C’est Myriam qui a mis tout le monde d’accord : « De toute façon ça ne durera pas. Températures de fournaise, maquis qui part en flammes, désertification de l’arrière-pays – bientôt plus personne ne viendra adorer le soleil. C’est aux adorateurs du soleil que nous devons la bétonnisation des côtes, la mocheté des villas de l’arrière-pays, les collines pelées et la raréfaction de l’eau. » « Et l’invasion par les sangliers », a ajouté Jojo qui voulait détendre l’atmosphère, mais en vain. Myriam n’a même pas réagi et a continué : « Mais ils n’ont fait qu’accélérer une dégringolade enclenchée depuis longtemps. Désormais nos nababs locaux feront des pèlerinages estivaux vers le Nord pour échapper à la fournaise. Ici, il n’y aura en été que des gens comme nous, c’est-à-dire des pauvres. »

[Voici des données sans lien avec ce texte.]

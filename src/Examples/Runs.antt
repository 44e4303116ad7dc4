-- ===== src/Examples/Runs.antt =====
-- Whole runs of the turn manager, computed
-- (crates/speech-core-daemon/src/detectors/turn.rs).
use speech_core.Base.{none, [], ◌∷◌, map, String, ◌≡◌, refl}
use speech_core.Turn.Signals.{
  vad_segment_start, vad_segment_end, transcript_token_committed, model_eou,
}
use speech_core.Turn.Events.{
  Event, turn_session_start, turn_audio_gap_reset, turn_signal_observed, turn_started,
  turn_eou_candidate, turn_eou_suppressed, turn_semantic_decision, turn_close_alignment,
  turn_human_hold, turn_hold, turn_eou, transcript_committed, turn_closed, turn_session_end,
}
use speech_core.Turn.Manager.{TurnManager}
use speech_core.Examples.Data.{env, config, speech_start, speech_end, token, eou, hello}
use speech_core.Turn.Local.{
  new_session, turn_id_text, next_turn_id, written, write, start_turn, note_turn_opened,
}
use speech_core.Turn.Align.{
  drain_phase, run_drain, phase_choice, progress_phase, align_model_for_close,
}
use speech_core.Turn.Config.{samples_to_ms, ms_to_samples}
use speech_core.Turn.Events.{is_durable}
use speech_core.Turn.Manager.{
  unannounced, enter, leave, session_or_new, with_session, handle_token, handle_signal, new_manager,
}
use speech_core.Turn.Close.{
  count_close, committed_snapshot, dispatch_turn, close_specific_turn, close_turn, aligned_close,
}
use speech_core.Turn.Manager.Sessions.{
  session_end_sample, start_session, close_for_end, finish_session, end_session,
}
use speech_core.Turn.Align.Waits.{token_end}
use speech_core.Turn.Handlers.Segment.{
  on_vad_segment_start, semantic_gate, vad_end_close, live_segment_end, on_vad_segment_end,
}
use speech_core.Turn.Handlers.Shared.{turn_id_or_next, is_stale, open_counted_turn, ensure_turn}
use speech_core.Turn.Handlers.Token.{
  late_for_closed_turn, ghost_late_token, open_transcript_turn, keep_token, on_transcript_token,
}
use speech_core.Turn.Handlers.Model.{
  on_model_eou, too_early, provisional_start, refractory, eou_suppressed,
  no_new_vad_speech_since_close,
}
use speech_core.Progress.State.{any_char, is_speech_evidence_text}
use speech_core.Base.Decimal.{decimal}
use speech_core.Base.Maps.{lookup, insert, remove}

-- The name of an event in the log.
abbrev event_name : Event → String
event_name (turn_session_start e) = "turn_session_start"
event_name (turn_audio_gap_reset e) = "turn_audio_gap_reset"
event_name (turn_signal_observed e) = e.signal
event_name (turn_started e) = e.turn_id
event_name (turn_eou_candidate e) = "turn_eou_candidate"
event_name (turn_eou_suppressed e) = e.reason
event_name (turn_semantic_decision e) = "turn_semantic_decision"
event_name (turn_close_alignment e) = "turn_close_alignment"
event_name (turn_human_hold e) = "turn_human_hold"
event_name (turn_hold e) = "turn_hold"
event_name (turn_eou e) = "turn_eou"
event_name (transcript_committed e) = "transcript_committed"
event_name (turn_closed e) = e.reason
event_name (turn_session_end e) = "turn_session_end"

-- A VAD start and end, a late token, and the end of the session.
abbrev run : TurnManager
run =
    let w0 = new_manager config none none in
    let w1 = (start_session ⦃env = env⦄ hello w0).1 in
    let w2 = (handle_signal ⦃env = env⦄ (vad_segment_start speech_start) w1).1 in
    let w3 = (handle_signal ⦃env = env⦄ (vad_segment_end speech_end) w2).1 in
    let w4 = (handle_signal ⦃env = env⦄ (transcript_token_committed token) w3).1 in
    let w5 = (handle_signal ⦃env = env⦄ (model_eou eou) w4).1 in
    (end_session ⦃env = env⦄ "s" "eof" w5).1

run_test :
    map event_name run.sent
    ≡ "turn_session_end" ∷ "no_new_vad_speech_since_close" ∷ "transcript_token_late"
      ∷ "smart_turn_unavailable_vad_fallback" ∷ "transcript_committed" ∷ "turn_eou"
      ∷ "turn_close_alignment" ∷ "turn_eou_candidate" ∷ "vad_speech_start" ∷ "s:turn:0"
      ∷ "turn_session_start" ∷ []
unfolding too_early provisional_start refractory eou_suppressed no_new_vad_speech_since_close
    align_model_for_close aligned_close any_char close_for_end close_specific_turn close_turn
    committed_snapshot count_close decimal dispatch_turn drain_phase end_session ensure_turn enter
    finish_session ghost_late_token handle_signal handle_token insert is_durable
    is_speech_evidence_text is_stale keep_token late_for_closed_turn leave live_segment_end lookup
    ms_to_samples new_manager new_session next_turn_id note_turn_opened on_model_eou
    on_transcript_token on_vad_segment_end on_vad_segment_start open_counted_turn
    open_transcript_turn phase_choice progress_phase remove run_drain samples_to_ms semantic_gate
    session_end_sample session_or_new start_session start_turn token_end turn_id_or_next
    turn_id_text unannounced vad_end_close with_session write written
run_test = refl
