-- ===== src/Turn/History.antt =====
-- The histories of a turn manager: the calls that the detector worker makes of it
-- (crates/speech-core-daemon/src/detectors/mod.rs), with what other threads do between them. A call
-- that failed is logged there, and the worker goes on with the state that the call left.
use speech_core.Base.{◌+◌, ℕ, String, Option}
use speech_core.Progress.State.{ModelProgressMap}
use speech_core.Turn.Config.{TurnManagerConfig}
use speech_core.Turn.Signals.{ModelDrainHandle, DetectorSignal}
use speech_core.Turn.Local.{Env, HelloState}
use speech_core.Turn.Manager.{TurnManager, new_manager, handle_signal}
use speech_core.Turn.Manager.Sessions.{
  AudioGapReset, start_session, audio_gap_reset, end_session, finalize_all,
}

pub data Reachable ⦃env : Env⦄ : TurnManager → Type 0 where
  created :
      (config : TurnManagerConfig) (progress : Option ModelProgressMap)
      (drain : Option ModelDrainHandle)
      → Reachable (new_manager config progress drain)
  started :
      {w : TurnManager} (hello : HelloState) → Reachable w → Reachable (start_session hello w).1
  signalled :
      {w : TurnManager} (signal : DetectorSignal)
      → Reachable w
      → Reachable (handle_signal signal w).1
  gap :
      {w : TurnManager} (reset : AudioGapReset)
      → Reachable w
      → Reachable (audio_gap_reset reset w).1
  ended :
      {w : TurnManager} (id reason : String) → Reachable w → Reachable (end_session id reason w).1
  finalized :
      {w : TurnManager} (reason : String) → Reachable w → Reachable (finalize_all reason w).1
  -- The model's thread has moved the shared progress on, and time has passed.
  elsewhere :
      {w : TurnManager} (progress : Option ModelProgressMap) (elapsed_ns : ℕ)
      → Reachable w
      → Reachable (record w { model_progress = progress; now_ns = w.now_ns + elapsed_ns })
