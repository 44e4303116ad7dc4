-- ===== src/Turn/Invariant.antt =====
-- What holds of a session and of the events between two signals
-- (crates/speech-core-daemon/src/detectors/turn.rs).
mod Session
mod Closing
mod Shared
mod Segment
mod Others
pub mod Manager
pub mod Reach
use speech_core.Base.{ℕ, ◌+◌, ◌≤◌, String, Option, none, some, List, [], ◌∷◌, ◌≡◌, ◌⊎◌}
use speech_core.Base.Words.{u64_max, saturating_add}
use speech_core.Turn.Events.{
  Event, TurnEouEvent, TranscriptCommittedEvent, TurnClosedEvent, turn_started, turn_eou,
  transcript_committed, turn_closed,
}
use speech_core.Turn.Local.{Local, TurnSession, OpenTurn, turn_id_text}

-- The three events of one close agree.
pub record SameClose (c : TurnClosedEvent) (t : TranscriptCommittedEvent) (e : TurnEouEvent)
    : Type 0 where
  pub committed_ids : t.ids ≡ c.ids
  pub committed_turn : t.turn_id ≡ c.turn_id
  pub committed_end : t.end_sample ≡ c.end_sample
  pub committed_decision : t.decision_sample ≡ c.decision_sample
  pub committed_degraded : t.is_degraded ≡ c.degraded
  pub committed_source : t.close_source ≡ c.source
  pub eou_ids : e.ids ≡ c.ids
  pub eou_turn : e.turn_id ≡ c.turn_id
  pub eou_end : e.end_sample ≡ c.end_sample
  pub eou_decision : e.decision_sample ≡ c.decision_sample

-- Right before a `turn_closed` stand the turn's `transcript_committed` and `turn_eou`.
abbrev pub FollowsCommit : TurnClosedEvent → List Event → Type 0
FollowsCommit c (transcript_committed t ∷ turn_eou e ∷ sent) = SameClose c t e
FollowsCommit c _ = ⊥

abbrev pub Starts : String → Event → Type 0
Starts turn_id (turn_started e) = e.turn_id ≡ turn_id
Starts turn_id _ = ⊥

-- The turn was started by one of the events.
abbrev pub WasStarted : String → List Event → Type 0
WasStarted turn_id [] = ⊥
WasStarted turn_id (e ∷ sent) = Starts turn_id e ⊎ WasStarted turn_id sent

-- Every `turn_closed` follows its commit, and names a turn that was started before.
abbrev pub IsOrdered : List Event → Type 0
IsOrdered [] = Unit
IsOrdered (turn_closed c ∷ sent) = FollowsCommit c sent × WasStarted c.turn_id sent × IsOrdered sent
IsOrdered (_ ∷ sent) = IsOrdered sent

-- The open turn is the last that was started: it has the index before the next one, and more
-- turns were started than closed (until the counters stop at their bound).
abbrev pub IsLatest : String → TurnSession → List Event → Option OpenTurn → Type 0
IsLatest key s sent none = Unit
IsLatest key s sent (some turn) =
    (i : ℕ) × (turn.turn_id ≡ turn_id_text key i)
    × (i ≤ u64_max)
    × (s.turns_started ≡ saturating_add i 1)
    × (s.turns_closed ≤ i)
    × WasStarted turn.turn_id sent

pub record IsCounted (key : String) (s : TurnSession) (sent : List Event) : Type 0 where
  pub named : s.hello.stream_session_id ≡ key
  pub indexed : s.next_turn_index ≡ s.turns_started
  pub bounded : s.turns_started ≤ u64_max
  pub closed_started : s.turns_closed ≤ s.turns_started
  pub latest : IsLatest key s sent s.open_turn

-- The invariant over the work on one session: `base` are the events before it.
pub record Inv (key : String) (base : List Event) (l : Local) : Type 0 where
  pub counted : IsCounted key l.session l.sent
  pub ordered : IsOrdered l.sent
  pub grown : (turn_id : String) → WasStarted turn_id base → WasStarted turn_id l.sent

-- The same, with a certain turn open.
pub record Open (key : String) (base : List Event) (turn : OpenTurn) (l : Local) : Type 0 where
  pub inv : Inv key base l
  pub is_open : l.session.open_turn ≡ some turn
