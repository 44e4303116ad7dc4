-- ===== src/Turn/Invariant/Session.antt =====
-- The invariant through a write and the start of a turn
-- (crates/speech-core-daemon/src/detectors/turn.rs).
use speech_core.Base.{
  ℕ, String, Option, none, some, List, ◌∷◌, ◌≡◌, refl, sym, ap, ◌∙◌, inl, inr, arith,
}
use speech_core.Progress.State.{ModelProgressMap}
use speech_core.Turn.Events.{Event}
use speech_core.Turn.Local.{
  Env, Local, TurnSession, OpenTurn, next_turn_id, write, start_turn, note_turn, note_turn_opened,
}
use speech_core.Turn.Post.{Post, good, Post-write}
use speech_core.Turn.Invariant.{IsOrdered, IsLatest, IsCounted, Inv, Open}

IsLatest-write :
    (key : String) (s : TurnSession) (sent : List Event) (e : Event) (turn : Option OpenTurn)
    → IsLatest key s sent turn
    → IsLatest key s (e ∷ sent) turn
IsLatest-write key s sent e none h = tt
IsLatest-write key s sent e (some turn) h = (h.0, h.1, h.2, h.3, h.4, inr h.5)

pub IsCounted-write :
    {key : String} {s : TurnSession} {sent : List Event} (e : Event)
    → IsCounted key s sent
    → IsCounted key s (e ∷ sent)
IsCounted-write {key} {s} {sent} e c = record {
  named = c.named;
  indexed = c.indexed;
  bounded = c.bounded;
  closed_started = c.closed_started;
  latest = IsLatest-write key s sent e s.open_turn c.latest;
}

-- An event that is no `turn_closed` keeps the invariant.
pub Inv-write :
    {key : String} {base : List Event} {l : Local} (e : Event)
    → (IsOrdered l.sent → IsOrdered (e ∷ l.sent))
    → Inv key base l
    → Inv key base (record l { sent = e ∷ l.sent })
Inv-write e plain i = record {
  counted = IsCounted-write e i.counted;
  ordered = plain i.ordered;
  grown = λ t w. inr (i.grown t w);
}

module _ ⦃env : Env⦄ where
  pub write-Inv :
      {key : String} {base : List Event} (e : Event) (l : Local)
      → (IsOrdered l.sent → IsOrdered (e ∷ l.sent))
      → Inv key base l
      → Post (Inv key base) (Inv key base) (write e l)
  write-Inv e l plain i = Post-write e l (Inv-write e plain i) (Inv-write e plain i)

  pub write-Open :
      {key : String} {base : List Event} {turn : OpenTurn} (e : Event) (l : Local)
      → (IsOrdered l.sent → IsOrdered (e ∷ l.sent))
      → Open key base turn l
      → Post (Inv key base) (Open key base turn) (write e l)
  write-Open e l plain o =
      let i = Inv-write e plain o.inv in Post-write e l (record { inv = i; is_open = o.is_open }) i

abbrev pub started_turn : TurnSession → ℕ → OpenTurn
started_turn s start_sample = record { turn_id = next_turn_id s; start_sample = start_sample }

module _ ⦃env : Env⦄ where
  -- A start opens the next turn, where none was open.
  pub start_turn-Open :
      {key : String} {base : List Event} (start_sample : ℕ) (source : String) (l : Local)
      → Inv key base l
      → Post
          (Inv key base)
          (Open key base (started_turn l.session start_sample))
          (start_turn start_sample source l)
  unfolding start_turn next_turn_id write
  start_turn-Open {key} {base} start_sample source l i =
      Post-write _ _ (record { inv = j; is_open = refl }) j
    where
      open i.counted use {named, indexed, bounded, closed_started}

      j : Inv key base (start_turn start_sample source l).1
      j = record {
        counted = record {
          named = named;
          indexed = ground arith;
          bounded = omega arith;
          closed_started = omega arith;
          latest = (l.session.turns_started, ground arith, bounded, refl, closed_started, inl refl);
        };
        ordered = i.ordered;
        grown = λ t w. inr (i.grown t w);
      }

-- What the invariant reads of a session is the same in another.
abbrev pub SameCounts : TurnSession → TurnSession → Type 0
SameCounts s t =
    (t.hello ≡ s.hello)
    × (t.open_turn ≡ s.open_turn)
    × (t.next_turn_index ≡ s.next_turn_index)
    × (t.turns_started ≡ s.turns_started)
    × (t.turns_closed ≡ s.turns_closed)

IsLatest-same :
    (key : String) (s t : TurnSession) (sent : List Event) (turn : Option OpenTurn)
    → SameCounts s t
    → IsLatest key s sent turn
    → IsLatest key t sent turn
IsLatest-same key s t sent none c h = tt
IsLatest-same key s t sent (some turn) c h = (h.0, h.1, h.2, c.3 ∙ h.3, rw c.4 h.4, h.5)

-- The other fields of a session, the progress and the clock are no part of the invariant.
pub Inv-same :
    {key : String} {base : List Event} {l m : Local}
    → SameCounts l.session m.session
    → m.sent ≡ l.sent
    → Inv key base l
    → Inv key base m
Inv-same {key} {base} {l} {m} c e i = record {
  counted = rw e (record {
    named = ap (λ h. h.stream_session_id) c.0 ∙ i.counted.named;
    indexed = c.2 ∙ i.counted.indexed ∙ sym c.3;
    bounded = rw c.3 i.counted.bounded;
    closed_started = rw (c.3, c.4) i.counted.closed_started;
    latest =
        rw c.1
          (IsLatest-same key l.session m.session l.sent l.session.open_turn c i.counted.latest);
  });
  ordered = rw e i.ordered;
  grown = λ t w. rw e (i.grown t w);
}

pub Open-same :
    {key : String} {base : List Event} {turn : OpenTurn} {l m : Local}
    → SameCounts l.session m.session
    → m.sent ≡ l.sent
    → Open key base turn l
    → Open key base turn m
Open-same c e o = record { inv = Inv-same c e o.inv; is_open = c.1 ∙ o.is_open }

-- A change of the session that the invariant does not see.
pub Inv-session :
    {key : String} {base : List Event} {l : Local} (s : TurnSession)
    → SameCounts l.session s
    → Inv key base l
    → Inv key base (record l { session = s })
Inv-session s c i = Inv-same c refl i

pub Open-session :
    {key : String} {base : List Event} {turn : OpenTurn} {l : Local} (s : TurnSession)
    → SameCounts l.session s
    → Open key base turn l
    → Open key base turn (record l { session = s })
Open-session s c o = Open-same c refl o

pub note_turn_opened-Open :
    {key : String} {base : List Event} {turn : OpenTurn} (session_id : String)
    (baseline : ModelProgressMap → ℕ) (l : Local)
    → Open key base turn l
    → Post (Inv key base) (Open key base turn) (note_turn_opened session_id baseline l)
unfolding note_turn_opened
note_turn_opened-Open {key} {base} {turn} session_id baseline l o =
    elim l.progress
      as (λ p. Post (Inv key base) (Open key base turn) (note_turn session_id baseline p l)) [
        | none ↦ good tt l o
        | some p ↦ good tt _ (Open-same (refl, refl, refl, refl, refl) refl o)
      ]
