-- ===== src/Turn/Invariant/Closing.antt =====
-- The invariant through the close of a turn (close_turn of
-- crates/speech-core-daemon/src/detectors/turn.rs).
use speech_core.Base.{String, none, some, List, ◌∷◌, ◌≡◌, refl, sym, subst, inr, arith}
use speech_core.Progress.PerTurn.{CommittedSnapshot}
use speech_core.Turn.Signals.{Ids}
use speech_core.Turn.Events.{Event}
use speech_core.Turn.Local.{Env, Local, hello_ids, TurnSession, OpenTurn}
use speech_core.Turn.Close.{
  CloseRequest, eou_event, committed_event, closed_event, committed_snapshot, count_close,
  dispatch_turn, close_specific_turn, close_turn,
}
use speech_core.Turn.Post.{Post, Post-write, Post-after_write}
use speech_core.Turn.Invariant.{WasStarted, IsLatest, IsCounted, Inv, Open}
use speech_core.Turn.Invariant.Session.{Inv-write, Inv-same}

pub Open-IsLatest :
    {key : String} {base : List Event} {turn : OpenTurn} {l : Local}
    → Open key base turn l
    → IsLatest key l.session l.sent (some turn)
Open-IsLatest {key} {l = l} o = subst (IsLatest key l.session l.sent) o.is_open o.inv.counted.latest

WasStarted-Open :
    {key : String} {base : List Event} {turn : OpenTurn} {l : Local}
    → Open key base turn l
    → WasStarted turn.turn_id l.sent
WasStarted-Open o = (Open-IsLatest o).5

abbrev without_turn : CloseRequest → TurnSession → TurnSession
without_turn c s = count_close c (record s { open_turn = none })

-- The turn goes, and is counted as closed.
closed-IsCounted :
    {key : String} {base : List Event} {turn : OpenTurn} (c : CloseRequest) (l : Local)
    → Open key base turn l
    → IsCounted key (without_turn c l.session) l.sent
unfolding count_close
closed-IsCounted c l o = record {
  named = o.inv.counted.named;
  indexed = o.inv.counted.indexed;
  bounded = o.inv.counted.bounded;
  closed_started = omega (arith, (Open-IsLatest o).2, (Open-IsLatest o).3, (Open-IsLatest o).4);
  latest = tt;
}

closed-Inv :
    {key : String} {base : List Event} {turn : OpenTurn} (c : CloseRequest) (l : Local)
    → Open key base turn l
    → Inv key base (record l { session = without_turn c l.session })
closed-Inv c l o = record {
  counted = closed-IsCounted c l o;
  ordered = o.inv.ordered;
  grown = o.inv.grown;
}

module _ ⦃env : Env⦄ where
  -- A close of the open turn writes its three events in order.
  pub close_turn-Inv :
      {key : String} {base : List Event} {turn : OpenTurn} (c : CloseRequest) (l : Local)
      → Open key base turn l
      → c.turn_id ≡ turn.turn_id
      → Post (Inv key base) (Inv key base) (close_turn c l)
  unfolding close_turn close_specific_turn dispatch_turn count_close
  close_turn-Inv {key} {base} {turn} c l o e =
      Post-after_write _ _ _ eou (Post-after_write _ _ _ committed (Post-write _ _ closed closed))
    where
      ids : Ids
      ids = hello_ids l.session.hello

      counted_state : Local
      counted_state = record l { session = without_turn c l.session }

      eou_state : Local
      eou_state = record counted_state { sent = eou_event ids c ∷ l.sent }

      dispatched : Local
      dispatched = (dispatch_turn c eou_state).1

      eou : Inv key base eou_state
      eou = Inv-write (eou_event ids c) (λ h. h) (closed-Inv c l o)

      after : Inv key base dispatched
      after = Inv-same (refl, refl, refl, refl, refl) refl eou

      snapshot : CommittedSnapshot
      snapshot = committed_snapshot c eou_state

      committed :
          Inv key base
            (record dispatched { sent = committed_event ids c snapshot ∷ dispatched.sent })
      committed = Inv-write (committed_event ids c snapshot) (λ h. h) after

      closed : Inv key base (record dispatched {
        sent = closed_event ids c ∷ committed_event ids c snapshot ∷ dispatched.sent;
      })
      closed =
          Inv-write (closed_event ids c)
            (λ h. (
              record {
                committed_ids = refl;
                committed_turn = refl;
                committed_end = refl;
                committed_decision = refl;
                committed_degraded = refl;
                committed_source = refl;
                eou_ids = refl;
                eou_turn = refl;
                eou_end = refl;
                eou_decision = refl;
              },
              inr (inr (subst (λ t. WasStarted t l.sent) (sym e) (WasStarted-Open o))),
              h,
            ))
            committed
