-- ===== src/Turn/Invariant/Shared.antt =====
-- The invariant through what several handlers do alike
-- (crates/speech-core-daemon/src/detectors/turn.rs).
use speech_core.Base.{
  ℕ, true, false, String, Option, none, some, List, ◌≡◌, refl, ap, is_none, unwrap_or,
}
use speech_core.Progress.Ops.{snapshot_token_count_at_turn_start}
use speech_core.Turn.Config.{TurnManagerConfig}
use speech_core.Turn.Signals.{Ids, ModelDrainHandle}
use speech_core.Turn.Events.{Event}
use speech_core.Turn.Local.{Env, Local, OpenTurn}
use speech_core.Turn.Align.Untouched.{SameBut, align_model_for_close-SameBut}
use speech_core.Turn.Close.{CloseChoice, aligned_close}
use speech_core.Turn.Handlers.Shared.{turn_id_or_next, open_counted_turn, ensure_turn}
use speech_core.Turn.Post.{Post, good, Post-continue, Post-if}
use speech_core.Turn.Invariant.{Inv, Open}
use speech_core.Turn.Invariant.Closing.{close_turn-Inv}
use speech_core.Turn.Invariant.Session.{
  SameCounts, Open-same, write-Open, start_turn-Open, note_turn_opened-Open,
}

-- Some turn is open.
abbrev pub SomeOpen : String → List Event → Local → Type 0
SomeOpen key base l = (turn : OpenTurn) × Open key base turn l

is_some_of : {A : Type 0} (o : Option A) → is_none o ≡ false → (a : A) × (o ≡ some a)
is_some_of none e = cc
is_some_of (some a) e = (a, refl)

pub open_of :
    {key : String} {base : List Event} (l : Local)
    → Inv key base l
    → is_none l.session.open_turn ≡ false
    → SomeOpen key base l
open_of l i e =
    let (turn, is_open) = is_some_of l.session.open_turn e in
    (turn, record { inv = i; is_open = is_open })

-- What leaves the session and the events alone keeps an open turn.
pub SameBut-Open :
    {key : String} {base : List Event} {turn : OpenTurn} {l m : Local}
    → SameBut l m
    → Open key base turn l
    → Open key base turn m
SameBut-Open {l = l} {m = m} same o = Open-same counts same.sent o
  where
    counts : SameCounts l.session m.session
    counts = (
      ap (λ s. s.hello) same.session,
      ap (λ s. s.open_turn) same.session,
      ap (λ s. s.next_turn_index) same.session,
      ap (λ s. s.turns_started) same.session,
      ap (λ s. s.turns_closed) same.session,
    )

pub turn_id_or_next-Open :
    {key : String} {base : List Event} {turn : OpenTurn} {l : Local}
    → Open key base turn l
    → turn_id_or_next l.session ≡ turn.turn_id
unfolding turn_id_or_next
turn_id_or_next-Open {l = l} o = simp o.is_open

module _ ⦃env : Env⦄ {key : String} {base : List Event} where
  pub ensure_turn-SomeOpen :
      (session_id : String) (start_sample : ℕ) (source : String) (l : Local)
      → Inv key base l
      → Post (Inv key base) (SomeOpen key base) (ensure_turn session_id start_sample source l)
  unfolding ensure_turn open_counted_turn
  ensure_turn-SomeOpen session_id start_sample source l i =
      Post-if (is_none l.session.open_turn) _ _ l
        (λ _. Post-continue (start_turn-Open start_sample source l i) λ _ l1 o1.
          Post-continue
            (note_turn_opened-Open session_id
              (λ p. unwrap_or (snapshot_token_count_at_turn_start session_id p) 0) l1 o1)
            λ _ l2 o2. good true l2 (_, o2))
        (λ e. good false l (open_of l i e))

  pub aligned_close-Inv :
      (config : TurnManagerConfig) (drain : Option ModelDrainHandle) (ids : Ids) (turn_id : String)
      (choice : CloseChoice) (end_sample decision_sample fallback_start : ℕ) {turn : OpenTurn}
      (l : Local)
      → Open key base turn l
      → turn_id ≡ turn.turn_id
      → Post (Inv key base) (Inv key base) (
          aligned_close config drain ids turn_id choice end_sample decision_sample fallback_start l)
  unfolding aligned_close
  aligned_close-Inv config drain ids turn_id choice end_sample decision_sample fallback_start l o
        e =
      let same =
        align_model_for_close-SameBut drain ids end_sample decision_sample choice.reason
          config.model_alignment_timeout_ms l in
      Post-continue (write-Open _ _ (λ h. h) (SameBut-Open same o))
        λ _ l2 o2. Post-continue (close_turn-Inv _ l2 o2 e) λ _ l3 i3. good _ l3 i3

J’ai pensé qu’elle disait cela comme ça, pour nous faire peur.

Été 2032 En été, tard le soir lorsque la chaleur est un peu moins étouffante, Myriam, Hafid et leur petit viennent parfois me chercher à l’hospice. Le petit aime beaucoup pousser le fauteuil roulant jusqu’à la Promenade généralement déserte. Il m’installe à côté d’un banc libre tourné vers la mer. Il a l’embarras du choix, car presque tous sont inoccupés depuis que les adorateurs du soleil ont déserté la ville. Ses parents et lui s’assoient sur le banc.

Face à nous il y a la mer plongée dans le noir. Seul le clapotis des vagues sur les galets témoigne de son existence à quelques pas. Tout est vide et calme. Nous ne parlons pas, car qu’y-a-t-il encore à dire ?

Lors de notre sortie d’hier, alors que je pensais à Barnabé qui savait sentir la mer à défaut de la voir, une main s’est soudain posée sur mon épaule. Je pensais que c’était elle, enfin, et qu’elle était venue pour me prendre. Mais ce n’était que Myriam. « Mare nostrum ! » me dit-elle, en pressant doucement mon épaule. J’étais presque déçu.